A soft second loan, sometimes called a silent second, is subordinate to the first mortgage, whose payment is deferred or forgiven until a specific date or the resale of the property. This would mean that buyers would not have to contend with regular payments thereby keeping their debt-to-income ratio lower and more affordable.
While normal lending institutions may not be open to such types of financing, family and friends may be. In some cases, these relatives and friends may be inclined to make a gift to help buyers get into a home. Instead of an outright gift, if the person makes the loan, they have options to be repaid at some point in the future or in other cases, they could forgive the debt but don’t have to make that decision today.
There are more than 2,000 down payment assistance programs nationwide. State, county, and city governments run many of them. Other programs could be from churches, employers, non-profit organizations, regional Federal Home Loan Banks, federally recognized Native American tribes and their sovereign instrumentalities or public agencies.
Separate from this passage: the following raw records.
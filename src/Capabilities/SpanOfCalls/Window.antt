-- ===== src/Capabilities/SpanOfCalls/Window.antt =====
-- The live set of `SpanOfCallsMatcher` of capa-x/src/capabilities/dynamic_analysis.rs against its
-- window, which is the last calls.
use capa_x.Prelude.{
  ℕ, suc, ◌-◌, ◌≡◌, refl, sym, ap, ◌∙◌, subst, true, false, List, [], ◌∷◌, ◌++◌, arith, length,
  drop, any, any-append, map, length-drop, length-append, drop_within, drop-drop, ◌==◌, Bool-cases,
  inl, inr, leb, if◌then◌else◌, append_assoc, zero, append-nil,
}
use capa_x.Prelude.Result.{Result, ok, err, ◌>>=◌}
use capa_x.SortedSet.{is_eq}
use capa_x.Address.{Address, no_address, cmp}
use capa_x.Address.Order.{address_ord}
use capa_x.Features.{Feature}
use capa_x.Engine.FeatureSet.{FeatureSet, merge}
use capa_x.Engine.FeatureSet.Has.{has, has-merge}
use capa_x.Engine.MatchResult.{EngineError}
use capa_x.Capabilities.Matching.{MatchResults}
use capa_x.Capabilities.Matcher.{Matcher}
use capa_x.Capabilities.SpanOfCalls.Located.{
  IsLocated, AreLocated, IsLocated-merge, IsLocated-slide,
}
use capa_x.Capabilities.SpanOfCalls.Forgotten.{has-forget_all}
use capa_x.Capabilities.SpanOfCalls.{span_size, SpanOfCallsMatcher, new, slide, next, with_matches}

-- No location of a feature is in two of the sets; that of the global features does not count.
abbrev pub IsApart : List FeatureSet → Type 0
IsApart [] = Unit
IsApart (s ∷ sets) =
    ((f : Feature) (loc : Address)
      → is_eq (cmp loc no_address) ≡ false
      → has f loc s ≡ true
      → any (has f loc) sets ≡ false)
    × IsApart sets

IsApart-drop : (n : ℕ) (sets : List FeatureSet) → IsApart sets → IsApart (drop n sets)
IsApart-drop zero sets h = h
IsApart-drop (suc n) [] h = h
IsApart-drop (suc n) (s ∷ sets) h = IsApart-drop n sets h.1

IsApart-append : (sets more : List FeatureSet) → IsApart (sets ++ more) → IsApart sets
IsApart-append [] more h = tt
IsApart-append (s ∷ sets) more h = (
  λ f loc away k. ground (arith, h.0 f loc away k, any-append (has f loc) sets more),
  IsApart-append sets more h.1,
)

-- the last sets, as many as a span has
abbrev pub last_sets : List FeatureSet → List FeatureSet
last_sets sets = drop (length sets - span_size) sets

-- the live set has what the sets of the window have
abbrev IsLive : List FeatureSet → FeatureSet → Type 0
IsLive sets fs =
    (f : Feature) (loc : Address)
    → is_eq (cmp loc no_address) ≡ false
    → has f loc fs ≡ any (has f loc) sets

slide-IsLive :
    (sets : List FeatureSet) (fs : FeatureSet)
    → IsApart sets
    → IsLive sets fs
    → IsLive (slide sets fs).0 (slide sets fs).1
unfolding slide
slide-IsLive [] fs apart live = live
slide-IsLive (s ∷ sets) fs apart live = elim (Bool-cases (length (s ∷ sets) == span_size)) [
  | inl e ↦ rw e (λ f loc away.
      ground (arith, has-forget_all f loc fs s away, live f loc away, apart.0 f loc away))
  | inr e ↦ rw e live
]

slide-drop :
    (sets : List FeatureSet) (fs : FeatureSet)
    → (slide sets fs).0 ≡ (if length sets == span_size then drop 1 sets else sets)
unfolding slide
slide-drop [] fs = refl
slide-drop (s ∷ sets) fs = elim (Bool-cases (length (s ∷ sets) == span_size)) [
  | inl e ↦ rw e refl
  | inr e ↦ rw e refl
]

-- the window after the slide and a push
slide-last_sets :
    (sets : List FeatureSet) (fs : FeatureSet) (call : FeatureSet)
    → (slide (last_sets sets) fs).0 ++ call ∷ [] ≡ last_sets (sets ++ call ∷ [])
slide-last_sets sets fs call = elim (Bool-cases (leb span_size (length sets))) [
  | inl e ↦
      let full : (length (last_sets sets) == span_size) ≡ true =
        ground (arith, length-drop (length sets - span_size) sets) in
      let count : length (sets ++ call ∷ []) - span_size ≡ suc (length sets - span_size) =
        ground (arith, length-append sets (call ∷ [])) in
      rw (slide-drop (last_sets sets) fs, full, drop-drop (length sets - span_size) sets, count)
        (sym (drop_within (suc (length sets - span_size)) sets (call ∷ []) (ground arith)))
  | inr e ↦
      let part : (length (last_sets sets) == span_size) ≡ false =
        ground (arith, length-drop (length sets - span_size) sets) in
      let none_left : length sets - span_size ≡ 0 = ground arith in
      let count : length (sets ++ call ∷ []) - span_size ≡ 0 =
        ground (arith, length-append sets (call ∷ [])) in
      rw (slide-drop (last_sets sets) fs, part, none_left, count) refl
]

-- what `next` leaves of the window and of the live set, whatever matches
next_window :
    (rule_set : Matcher) (m m' : SpanOfCallsMatcher) (addr : Address) (call : FeatureSet)
    → next rule_set m addr call ≡ ok m'
    → (m'.current_feature_sets ≡ (slide m.current_feature_sets m.current_features).0 ++ call ∷ [])
      × (m'.current_features ≡ merge (slide m.current_feature_sets m.current_features).1 call)
unfolding next
next_window rule_set m m' addr call h = after _ h
  where
    slid : List FeatureSet × FeatureSet
    slid = slide m.current_feature_sets m.current_features

    after :
        (matches : Result EngineError MatchResults)
        → (matches >>= λ found.
            ok (with_matches rule_set m (slid.0 ++ call ∷ []) (merge slid.1 call) found))
          ≡ ok m'
        → (m'.current_feature_sets ≡ slid.0 ++ call ∷ [])
          × (m'.current_features ≡ merge slid.1 call)
    after (ok found) e =
        let same : with_matches rule_set m (slid.0 ++ call ∷ []) (merge slid.1 call) found ≡ m' =
          cc in
        (ap (λ s. s.current_feature_sets) (sym same), ap (λ s. s.current_features) (sym same))
    after (err x) e = cc

-- The calls of a thread in their order.
abbrev pub spans :
    Matcher
    → SpanOfCallsMatcher
    → List (Address × FeatureSet)
    → Result EngineError SpanOfCallsMatcher
spans rule_set m [] = ok m
spans rule_set m ((addr, call) ∷ calls) =
    next rule_set m addr call >>= λ m'. spans rule_set m' calls

abbrev pub sets_of : List (Address × FeatureSet) → List FeatureSet
sets_of calls = map (λ c. c.1) calls

-- the window is the last sets, and the live set has what they have
record IsWindow (before : List FeatureSet) (m : SpanOfCallsMatcher) : Type 0 where
  window : m.current_feature_sets ≡ last_sets before
  live : IsLive m.current_feature_sets m.current_features
  located : IsLocated m.current_features

module _ (rule_set : Matcher) where
  next-IsWindow :
      (before : List FeatureSet) (m m' : SpanOfCallsMatcher) (addr : Address) (call : FeatureSet)
      → IsApart before
      → IsLocated call
      → IsWindow before m
      → next rule_set m addr call ≡ ok m'
      → IsWindow (before ++ call ∷ []) m'
  next-IsWindow before m m' addr call apart full w h =
      let left = next_window rule_set m m' addr call h in
      let in_window : IsApart m.current_feature_sets =
        subst IsApart (sym w.window) (IsApart-drop (length before - span_size) before apart) in
      let slid = slide-IsLive m.current_feature_sets m.current_features in_window w.live in
      record {
        window =
            left.0
            ∙ ap (λ sets. (slide sets m.current_features).0 ++ call ∷ []) w.window
            ∙ slide-last_sets before m.current_features call;
        live = λ f loc away.
            rw (left.0, left.1)
              (has-merge f loc (slide m.current_feature_sets m.current_features).1 call
                ∙ ground (
                  arith,
                  slid f loc away,
                  any-append (has f loc) (slide m.current_feature_sets m.current_features).0
                      (call ∷ []),
                ));
        located = subst IsLocated (sym left.1) (
            IsLocated-merge (slide m.current_feature_sets m.current_features).1 call
              (IsLocated-slide m.current_feature_sets m.current_features w.located) full);
      }

  spans-IsWindow :
      (calls : List (Address × FeatureSet)) (before : List FeatureSet) (m m' : SpanOfCallsMatcher)
      → IsApart (before ++ sets_of calls)
      → AreLocated (sets_of calls)
      → IsWindow before m
      → spans rule_set m calls ≡ ok m'
      → IsWindow (before ++ sets_of calls) m'
  spans-IsWindow [] before m m' apart full w h =
      let same : m ≡ m' = cc in
      subst (λ sets. IsWindow sets m') (sym (append-nil before)) (subst (IsWindow before) same w)
  spans-IsWindow ((addr, call) ∷ calls) before m m' apart full w h =
      let shift = append_assoc before (call ∷ []) (sets_of calls) in
      let shifted : IsApart ((before ++ call ∷ []) ++ sets_of calls) =
        subst IsApart (sym shift) apart in
      subst (λ sets. IsWindow sets m') shift
        (step (spans-IsWindow calls (before ++ call ∷ [])) shifted (next rule_set m addr call) refl
          h)
    where
      step :
          ((m1 m2 : SpanOfCallsMatcher)
            → IsApart ((before ++ call ∷ []) ++ sets_of calls)
            → AreLocated (sets_of calls)
            → IsWindow (before ++ call ∷ []) m1
            → spans rule_set m1 calls ≡ ok m2
            → IsWindow ((before ++ call ∷ []) ++ sets_of calls) m2)
          → IsApart ((before ++ call ∷ []) ++ sets_of calls)
          → (r : Result EngineError SpanOfCallsMatcher) → next rule_set m addr call ≡ r
          → (r >>= λ m1. spans rule_set m1 calls) ≡ ok m'
          → IsWindow ((before ++ call ∷ []) ++ sets_of calls) m'
      step ih shifted (ok m1) e k =
          ih m1 m' shifted full.1
            (next-IsWindow before m m1 addr call
              (IsApart-append before (call ∷ sets_of calls) apart) full.0 w e)
            k
      step ih shifted (err x) e k = cc

-- When every feature of a call has a location there, and no location of a feature is in two calls,
-- locations that are no address left aside, the window after any number of calls is the last twenty, what
-- a span is matched against has exactly the features and locations of these, no address left aside, and
-- no feature stays in it without a location.
pub spans-last_sets :
    (rule_set : Matcher) (calls : List (Address × FeatureSet)) (m : SpanOfCallsMatcher)
    (f : Feature) (loc : Address)
    → is_eq (cmp loc no_address) ≡ false
    → IsApart (sets_of calls)
    → AreLocated (sets_of calls)
    → spans rule_set new calls ≡ ok m
    → (m.current_feature_sets ≡ last_sets (sets_of calls))
      × ((has f loc m.current_features ≡ any (has f loc) (last_sets (sets_of calls)))
          × IsLocated m.current_features)
spans-last_sets rule_set calls m f loc away apart full h =
    let first : IsWindow [] new = record { window = refl; live = λ g l a. refl; located = tt } in
    let w = spans-IsWindow rule_set calls [] new m apart full first h in
    (w.window, (w.live f loc away ∙ ap (any (has f loc)) w.window, w.located))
Various local or state Housing Finance Agencies have used “soft second” mortgages for down payment and closing costs to eligible borrowers. For example, the Indiana Housing and Community Development Authority offers down payment assistance in the amount of 3 to 4 percent of the purchase price of the home at zero percent interest with no monthly payments. The loan is fully forgiven after two years if the borrower remains in the home.
In a more mainstream application, let’s say that a parent or other relative was willing to help a buyer with their down payment and possibly, closing costs to purchase a home now. However, they will need the money for their retirement at some determinable point in the future, possibly, five to ten years.
The sales contract would disclose a “soft second” together with the terms which could include interest and due date such as ten years from execution of note or when they sell or refinance the property whichever comes first. It would also specify that no payments would be made until the maturity.
The mortgagor of the “soft second” may also retain the right to forgive the loan.
The lender of the first mortgage must be aware of the intended soft second and it should be mentioned in the sales contract so it can be underwritten by the lender appropriately. Failure to disclose a soft second to the lender is illegal and borrowers who fail to do so could be prosecuted. Mortgage fraud is classified as a Class C felony under federal law.
Both liens would be recorded for public record for the safety of all parties concerned.
Since this procedure is not commonplace, the advice is to run this concept past your lender prior to writing the offer. With full disclosure in the contract and the proper terms to satisfy underwriting, you should be able to structure a transaction to get a qualified buyer without a down payment into a home.
Some things to consider in the second mortgage note is a firm due date far enough down the road that it isn’t going to trigger risk issues. An example would be ten years or when the property is sold or refinanced, whichever comes first. Specify an interest rate and arbitrary payments which would give the buyer the option to make payments if they wanted. By doing this, the underwriter can calculate payments and amount owed at the term.
In today’s economy, there are a lot of companies that have rich cash reserves, as well as plenty of individuals also. Once buyers have identified a friend or relative to become the lender on the second mortgage, your agent will help you find a lender for the first mortgage who is willing to participate.
The buyer will become pre-approved and the process of finding the home can begin but not until the other steps have been finished.